Last episode I had the opportunity to interview Hope Hanafin, the costume designer on shows like 500 Days of Summer, The Newsroom, and Thank You for Your Service. Normally I do the commentary at the end of each interview, but the interview with Hope ran longer than usual.
Hope shared a lot of great insights, so rather than try to cut down the interview’s length, I decided to do my commentary on a separate episode. It would also give me the opportunity to think more about Aaron Sorkin’s work and to delve more deeply into The Newsroom, which I watched all the way through for the first time in preparation for the interview.

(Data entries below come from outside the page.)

-- ===== src/Tests/World.antt =====
-- A world with one list, in place of realm-core, and the conversions of a Lua without floats.
use realm_lua_bootcamp.Prelude.{
  ℕ, suc, take, drop, ◌≡◌, ◌≢◌, refl, sym, inl, inr, Bool, true, false, Bool-cases, if◌then◌else◌,
  List, [], ◌∷◌, ◌++◌, Option, none, some, length, get_elem?, set,
}
use realm_lua_bootcamp.Text.{Bytes, codes, text_eq, text_eq→eq, text_eq_refl}
use realm_lua_bootcamp.Lua.{function, State, Conversions}
use realm_lua_bootcamp.Native.Api.{RealmApi, RealmValue}
use realm_lua_bootcamp.Native.Convert.Handles.{handle_box}
use realm_lua_bootcamp.Native.Lists.Assign.{ListLaws}
use realm_lua_bootcamp.Native.Dictionaries.Keys.{DictionaryLaws}
use realm_lua_bootcamp.Native.Sets.Members.{SetLaws}
use realm_lua_bootcamp.Realm.Objects.Keyed.{KeyedLaws}
use realm_lua_bootcamp.Realm.Objects.Properties.{PropertyLaws}
use realm_lua_bootcamp.Realm.Collections.Erased.{EraseLaws}
use realm_lua_bootcamp.App.{AppApi}
use realm_lua_bootcamp.Callbacks.{Behaviour}

-- The list's elements, the pointers that were released, the newest first, the dictionary's entries,
-- whether the set has its one member, whether there is a transaction, and the elements before it.
pub record World : Type 0 where
  pub elements : List RealmValue
  pub released : List ℕ
  pub entries : Bytes → Option RealmValue
  pub full : Bool
  pub writing : Bool
  pub saved : List RealmValue

instance abbrev pub no_floats : Conversions
no_floats = record {
  integer_of_float = λ d. d;
  integer_of_text = λ t. 0;
  float_of_integer = λ n. n;
  float_of_text = λ t. 0;
  text_of_integer = λ n. n ∷ [];
  text_of_float = λ d. d ∷ [];
}

abbrev insert_element : ℕ → RealmValue → World → Bool × World
insert_element i v w = (true, record w { elements = w.elements ++ v ∷ [] })

abbrev set_element : ℕ → RealmValue → World → Bool × World
set_element i v w = (true, record w { elements = set w.elements i v })

abbrev erase_element : ℕ → World → Bool × World
erase_element i w = (true, record w { elements = take i w.elements ++ drop (suc i) w.elements })

abbrev entry_of : RealmValue → World → Option RealmValue
entry_of (RealmValue.string k) w = w.entries k
entry_of _ w = none

abbrev insert_entry : RealmValue → RealmValue → World → Bool × World
insert_entry (RealmValue.string k) v w =
    (true, record w { entries = λ j. if text_eq k j then some v else w.entries j })
insert_entry _ v w = (false, w)

abbrev or_null : Option RealmValue → RealmValue
or_null none = RealmValue.null
or_null (some v) = v

-- The property with key `k` is kept under a text of its own.
abbrev pub value_under : World → ℕ → RealmValue
value_under w k = or_null (w.entries (k ∷ []))

-- The primary key is the property with the key 7.
instance abbrev pub one_list : RealmApi World
one_list = record {
  format = λ message args. message;
  get_last_error = λ w. codes "no such thing";
  release = λ p w. record w { released = p ∷ w.released };
  begin_write = λ p w. (true, record w { writing = true; saved = w.elements });
  commit = λ p w. (true, record w { writing = false });
  rollback = λ p w. (true, record w { writing = false; elements = w.saved });
  object_create = λ r k w. (7, w);
  object_create_with_primary_key =
      λ r k v w. (7, (insert_entry (RealmValue.string (7 ∷ [])) v w).1);
  object_delete = λ o w. (true, w);
  object_is_valid = λ o w. (true, w);
  object_as_link = λ o w. (record { target_table = 4; target = o }, w);
  get_object = λ r t o w. (o, w);
  object_find_all = λ r k w. (8, w);
  set_value = λ o k v. insert_entry (RealmValue.string (k ∷ [])) v;
  get_value = λ o k w. (some (value_under w k), w);
  find_class = λ r name w. (some (some 4), w);
  results_get_object = λ p i w. (i, w);
  results_count = λ p w. (some 1, w);
  query_parse = λ r k text vs w. (length vs, w);
  results_filter = λ p q w. (8, w);
  get_list = λ o k w. (9, w);
  list_size = λ p w. (some (length w.elements), w);
  list_insert = λ p i v. insert_element i v;
  list_set = λ p i v. set_element i v;
  list_get = λ p i w. (get_elem? w.elements i, w);
  list_erase = λ p i. erase_element i;
  get_dictionary = λ o k w. (9, w);
  dictionary_size = λ p w. (some 0, w);
  dictionary_find = λ p k w. (entry_of k w, w);
  dictionary_insert = λ p k v. insert_entry k v;
  dictionary_erase = λ p k w. (true, w);
  get_set = λ o k w. (9, w);
  set_size = λ p w. (some 0, w);
  set_insert = λ p v w. (true, record w { full = true });
  set_erase = λ p v w. (some w.full, record w { full = false });
  set_find = λ p v w. (some w.full, w);
  object_get_table = λ o w. (4, w);
  find_property = λ r k name w. (none, w);
  get_property = λ r k p w. (none, w);
}

abbrev pub InWrite : World → Type 0
InWrite w = Unit {0}

abbrev pub elements_of : World → List RealmValue
elements_of w = w.elements

abbrev pub list_laws : ListLaws one_list 9 elements_of InWrite
list_laws = record {
  size = λ w. refl;
  get = λ w i h. refl;
  append = λ w v h. (refl, refl);
  overwrite = λ w i v h inside. (refl, refl);
}

abbrev pub erase_laws : EraseLaws one_list 9 elements_of InWrite
erase_laws = record {
  size = λ w. refl;
  erase_ok = λ w i h inside. refl;
  erase_takes = λ w i h inside. refl;
}

text_eq_other : (k j : Bytes) → k ≢ j → text_eq k j ≡ false
text_eq_other k j differ = elim (Bool-cases (text_eq k j)) [
  | inl same ↦ absurd (differ (text_eq→eq k j same))
  | inr other ↦ other
]

abbrev pub entries_of : World → Bytes → Option RealmValue
entries_of w = w.entries

pub dictionary_laws : DictionaryLaws one_list 9 entries_of InWrite
dictionary_laws = record {
  find = λ w k v h. rw h;
  insert_ok = λ w k v h. refl;
  insert_same = λ w k v h. rw (text_eq_refl k);
  insert_other = λ w k v j h differ. rw (text_eq_other k j (λ e. differ (sym e)));
}

abbrev pub AnyValue : ℕ → RealmValue → Type 0
AnyValue k v = Unit {0}

pub property_laws : PropertyLaws one_list 7 value_under InWrite AnyValue
property_laws = record {
  get = λ w k. refl;
  set_ok = λ w k v h fits. refl;
  set_writes = λ w k v h fits. h;
  set_same = λ w k v h fits. rw (text_eq_refl (k ∷ []));
  set_other = λ w k v j h differ. rw (text_eq_other (k ∷ []) (j ∷ []) (λ e. differ (cc e)));
}

pub keyed_laws : KeyedLaws one_list 5 4 7 value_under InWrite 7
keyed_laws = record { has_key = λ w v h made. rw (text_eq_refl (7 ∷ [])); writes = λ w v h made. h }

abbrev pub has_member : World → RealmValue → Bool
has_member w v = w.full

abbrev pub set_laws : SetLaws one_list 9 has_member InWrite
set_laws = record {
  find = λ w v. refl;
  insert_ok = λ w v h. refl;
  insert_same = λ w v h. refl;
  insert_writes = λ w v h. h;
  erase = λ w v h. refl;
  erase_same = λ w v h. refl;
}

instance abbrev pub one_user : AppApi World
one_user = record {
  make_curl_http_transport = λ w. (1, w);
  app_config_new = λ id t w. (2, w);
  app_config_set = λ c o w. w;
  sync_client_config_new = λ w. (3, w);
  current_path = λ w. codes "/tmp";
  set_base_file_path = λ c p w. w;
  set_plaintext_metadata = λ c w. w;
  app_create = λ c s w. (4, w);
  register_email = λ a e p u w. (true, w);
  credentials_new_email_password = λ e p w. (5, w);
  credentials_new_anonymous = λ b w. (5, w);
  log_in_with_credentials = λ a c u w. (true, w);
  get_current_user = λ a w. (6, w);
  clone = λ u w. (u, w);
  user_log_out = λ u w. (true, w);
  user_get_identity = λ u w. (codes "me", w);
}

-- A listener that does nothing but note that it was called.
abbrev pub noting : Behaviour World
noting f args w = (none, record w { released = length args ∷ w.released })

-- A state with a realm, an object, a list and a key, and with the function 3 under reference 0.
abbrev pub start : State World
start = record {
  stack = [];
  boxes = handle_box 5 ∷ handle_box 7 ∷ handle_box 9 ∷ handle_box 2 ∷ [];
  refs = some (function 3) ∷ [];
  type_metas = [];
  world = record {
    elements = RealmValue.int 10 ∷ RealmValue.int 20 ∷ [];
    released = [];
    entries = λ k. none;
    full = false;
    writing = false;
    saved = [];
  };
}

While The Newsroom came out in 2012, it still feels relevant in today’s political landscape. It dares to imagine what the news could be like if more of its practitioners were focused on telling the truth, and not merely entertaining for the sake of ratings or succumbing to the pitfalls of partisan politics.

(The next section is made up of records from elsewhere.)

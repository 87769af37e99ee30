-- ===== src/Tests/SchemaRuns.antt =====
-- Runs over schemas: a class Dog with a name and the nullable ages of its friends.
use realm_lua_bootcamp.Prelude.{ℕ, ◌≡◌, ◌++◌, refl, true, false, List, [], ◌∷◌, some, length, arith}
use realm_lua_bootcamp.Text.{codes, text_eq}
use realm_lua_bootcamp.Lua.{
  Value, string, integer, table, Fields, end, field, get_field, get_index, raw_len, rest_after, ok,
  on,
}
use realm_lua_bootcamp.Schema.Types.{PropertyInfo, normal}
use realm_lua_bootcamp.Schema.Property.{parse_property_type}
use realm_lua_bootcamp.Schema.Property.Notation.{
  TypeNotation, Primitive, primitive, plain, list, text_of, meaning, int,
}
use realm_lua_bootcamp.Schema.Property.Reading.{parse_property_type-text_of}
use realm_lua_bootcamp.Schema.Parse.{Class, parse_schema, fresh_property}
use realm_lua_bootcamp.Schema.Parse.Stack.{parse_schema-stack}
use realm_lua_bootcamp.Schema.Parse.Encoded.{
  ClassDefinition, Encodes, class_of, encode_properties, parse_schema-encoded,
}
use realm_lua_bootcamp.Tests.World.{World, no_floats, start}

abbrev ages : PropertyInfo
ages = fresh_property (codes "ages") normal

abbrev nullable_ints : TypeNotation
nullable_ints = record { base = primitive int; nullable = true; form = list }

abbrev text : TypeNotation
text = record { base = primitive Primitive.string; nullable = false; form = plain }

parse_property_type-text_of_example :
    parse_property_type ages (text_of (codes "int") true list) start
    ≡ (ok (meaning nullable_ints ages), start)
parse_property_type-text_of_example = parse_property_type-text_of nullable_ints ages start tt

abbrev pub dog : ClassDefinition
dog = record {
  name = codes "Dog";
  primary_key = some (codes "name");
  properties = (codes "name", text) ∷ (codes "ages", nullable_ints) ∷ [];
}

abbrev pub dog_fields : Fields
dog_fields = field (string (codes "name")) (string (codes "Dog")) (
    field (string (codes "primaryKey")) (string (codes "name"))
      (field (string (codes "properties")) (table (encode_properties dog.properties)) end))

abbrev pub schema : Fields
schema = field (integer 1) (table dog_fields) end

abbrev pub schema_new : List Class → World → ℕ × World
schema_new classes w = (11, record w { released = length classes ∷ w.released })

pub dog-Encodes : Encodes dog dog_fields
unfolding get_field text_eq
dog-Encodes = record {
  at_name = refl;
  at_key = refl;
  at_properties = refl;
  name_text = ground arith;
  key_no_zero = ground arith;
  all_properties = ground arith;
}

pub schema-raw_len : raw_len (table schema) ≡ 1
unfolding raw_len get_index
schema-raw_len = refl

pub schema-get_index : get_index 1 schema ≡ table dog_fields
unfolding get_index
schema-get_index = refl

schema-parsed :
    ((parse_schema schema_new (on start (table schema ∷ []))).0 ≡ ok 11)
    × ((parse_schema schema_new (on start (table schema ∷ []))).1.world
        ≡ (schema_new (class_of dog ∷ []) start.world).1)
schema-parsed =
    parse_schema-encoded schema_new (dog ∷ []) schema start [] schema-raw_len
      (dog_fields, schema-get_index, dog-Encodes, tt)

parse_schema-encoded_example :
    ((parse_schema schema_new (on start (table schema ∷ []))).0 ≡ ok 11)
    × ((parse_schema schema_new (on start (table schema ∷ []))).1.world
        ≡ (schema_new (class_of dog ∷ []) start.world).1)
parse_schema-encoded_example =
    parse_schema-encoded schema_new (dog ∷ []) schema start [] schema-raw_len
      (dog_fields, schema-get_index, dog-Encodes, tt)

parse_schema-stack_example :
    let t = (parse_schema schema_new (on start (table schema ∷ []))).1 in
    (vs : List Value) × (length vs ≡ raw_len (table schema))
    × (rest_after 1 (vs ++ table schema ∷ []) ≡ some t.stack)
    × (t.boxes ≡ start.boxes)
    × (t.refs ≡ start.refs)
parse_schema-stack_example =
    parse_schema-stack schema_new start (table schema) [] 11 schema-parsed.0
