-- ===== src/Tests/LoopRuns.antt =====
-- Runs of the scheduler, with a queue that is the list of its tasks.
use realm_lua_bootcamp.Prelude.{ℕ, ◌≡◌, refl, true, false, List, [], ◌∷◌, ◌++◌}
use realm_lua_bootcamp.Scheduler.{
  InvocationQueue, Loop, start, invoke, destroy_scheduler, on_async, should_close, do_work,
}
use realm_lua_bootcamp.Scheduler.Create.{SchedulerApi}
use realm_lua_bootcamp.Tests.World.{World, one_list}
use realm_lua_bootcamp.Scheduler.Shutdown.{finish, Reach-finishes}
use realm_lua_bootcamp.Scheduler.Runs.{
  Reach, begin, invoked, released, woken, IsRunning, Reach-IsRunning, Reach-garbage, Reach-in_order,
}

instance abbrev pub list_queue : InvocationQueue (List ℕ)
list_queue = record {
  empty = [];
  push = λ fn q. q ++ fn ∷ [];
  invoke_all = λ q. (q, []);
  waiting = λ q. q;
  waiting-empty = refl;
  waiting-push = λ fn q. refl;
  run-invoke_all = λ q. refl;
  waiting-invoke_all = λ q. refl;
}

abbrev first : Loop (List ℕ)
first = invoke 1 (start false)

abbrev marked : Loop (List ℕ)
marked = invoke 1 (start true)

abbrev busy : Loop (List ℕ)
busy = invoke 2 (on_async first)

busy-awake : (first.sent ≡ true) × (first.async_open ≡ true)
unfolding invoke
busy-awake = (refl, refl)

busy-alive : (on_async first).alive ≡ true
unfolding invoke on_async should_close do_work
busy-alive = refl

busy-Reach : Reach false busy (1 ∷ 2 ∷ [])
busy-Reach = invoked 2 (woken (invoked 1 begin refl) busy-awake.0 busy-awake.1) busy-alive

busy-not_closing : busy.userdata.close_requested ≡ false
unfolding invoke on_async should_close do_work
busy-not_closing = refl

Reach-IsRunning_example : IsRunning busy (1 ∷ 2 ∷ []) × ((on_async busy).done ≡ 1 ∷ 2 ∷ [])
Reach-IsRunning_example = Reach-IsRunning busy-Reach busy-not_closing

Reach-garbage_example : (marked.done ≡ []) × (marked.userdata.close_requested ≡ true)
Reach-garbage_example = Reach-garbage (invoked 1 begin refl)

abbrev left : Loop (List ℕ)
left = destroy_scheduler busy

left-steps : (busy.alive ≡ true) × (left.alive ≡ false)
unfolding invoke destroy_scheduler on_async should_close do_work
left-steps = (refl, refl)

-- The second task waits, and never runs.
Reach-finishes_example :
    Reach false (finish left) (1 ∷ 2 ∷ [])
    × ((finish left).async_open ≡ false)
    × ((finish left).userdata.closed ≡ true)
    × ((finish left).userdata.destroyed ≡ 1)
    × ((finish left).done ≡ left.done)
Reach-finishes_example = Reach-finishes (released busy-Reach left-steps.0) left-steps.1

instance abbrev pub one_scheduler : SchedulerApi World
one_scheduler = record {
  find_function = λ lib name. lib;
  construct_userdata = λ u w. w;
  new_scheduler = λ async send u w. (12, w);
}

Reach-in_order_example : (rest : List ℕ) × (busy.done ++ rest ≡ 1 ∷ 2 ∷ [])
Reach-in_order_example = Reach-in_order busy-Reach
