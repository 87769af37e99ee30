-- ===== src/Tests/ModuleRuns.antt =====
-- The modules opened in the small world; a function's address tells what it does when it is called
-- with nothing.
use realm_lua_bootcamp.Prelude.{ℕ, suc, false, List, none}
use realm_lua_bootcamp.Text.{codes}
use realm_lua_bootcamp.Lua.{Outcome, ok, raised, fault, end}
use realm_lua_bootcamp.Native.Transactions.{lib_realm_release}
use realm_lua_bootcamp.Notifications.{NotificationApi}
use realm_lua_bootcamp.Scheduler.{start}
use realm_lua_bootcamp.Scheduler.Functions.{LoopAccess}
use realm_lua_bootcamp.Modules.{
  ModuleApi, luaopen_realm_native, luaopen_realm_app_native, luaopen_realm_app_user_native,
  luaopen_realm_scheduler_libuv_native,
}
use realm_lua_bootcamp.Modules.Tables.{Opens, Binds, BindsBut, IsRegistered}
use realm_lua_bootcamp.Modules.Provided.{
  native_calls, app_calls, user_calls, scheduler_calls, IsUserdataMeta, luaopen-provides,
}
use realm_lua_bootcamp.Tests.World.{World, one_list, no_floats, one_user}
use realm_lua_bootcamp.Tests.World as Small
use realm_lua_bootcamp.Tests.OpenRuns.{one_realm}
use realm_lua_bootcamp.Tests.LoopRuns.{list_queue, one_scheduler}

abbrev told : Outcome ℕ → ℕ
told (ok n) = suc (suc n)
told (raised m) = 1
told fault = 0

instance abbrev one_module : ModuleApi World
one_module = record {
  address = λ f. told (f Small.start).0;
  metatable = λ name w. none;
  register = λ name m w. w;
}

instance abbrev pub two_tokens : NotificationApi World
two_tokens = record {
  results_add_notification_callback = λ r u w. (15, w);
  object_add_notification_callback = λ o u w. (16, w);
}

abbrev idle : LoopAccess World (List ℕ)
idle = record { loop_of = λ u w. start false; set_loop = λ u l w. w }

luaopen-provides_example :
    let s = Small.start in
    Opens (BindsBut (codes "realm_clone") (native_calls {W = World})) s (luaopen_realm_native s)
    × IsRegistered
        (codes "_realm_handle")
        (codes "__gc")
        lib_realm_release
        s
        (luaopen_realm_native s)
    × Opens (Binds (app_calls {W = World} false)) s (luaopen_realm_app_native false s)
    × Opens (Binds (user_calls {W = World})) s (luaopen_realm_app_user_native s)
    × Opens
        (Binds (scheduler_calls {W = World} end))
        s
        (luaopen_realm_scheduler_libuv_native idle end s)
    × IsUserdataMeta idle s (luaopen_realm_scheduler_libuv_native idle end s)
luaopen-provides_example = luaopen-provides idle false end Small.start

It’s a big vision, but does the show live up to its potential and its own ideals? What if anything can we take away from the show as we try to navigate the often polarizing waters of today’s current events?
That’s what I set to examine in my commentary. The Newsroom involves a number of political discussions, so I couldn’t see a way to thoughtfully discuss the show without touching on its political outlook. My podcast is not primarily a political one, but I do believe it is important to address challenging issues on occasion, even if they do touch on politics.
I understand that politics can be polarizing, so I was hesitant to dive in, but the stakes felt substantial enough, and just because certain terrain is tricky to navigate doesn’t mean we should avoid it entirely. On the contrary, it can be important to engage and to do so in a civil way. Otherwise only the most belligerent and extreme voices will be heard.
My perspectives might be a little different than how you see things or what you might expect based on other film and TV commentaries, but they are earnestly offered. Regardless of where you fall in the political spectrum, I’m hoping that you’ll consider my outlook and that we can continue the conversation in a thoughtful and considerate way.
Let’s work together to make things better, shall we?
The Newsroom includes ongoing references to Man of La Mancha, a musical that has also meant something to me over the years. I discuss it in the commentary and briefly mention it in my prior discussion with Steve Kaplan, Hollywood’s go-to comedy consultant. Check out the interview with him below to get a better sense of how comedy works and why it matters.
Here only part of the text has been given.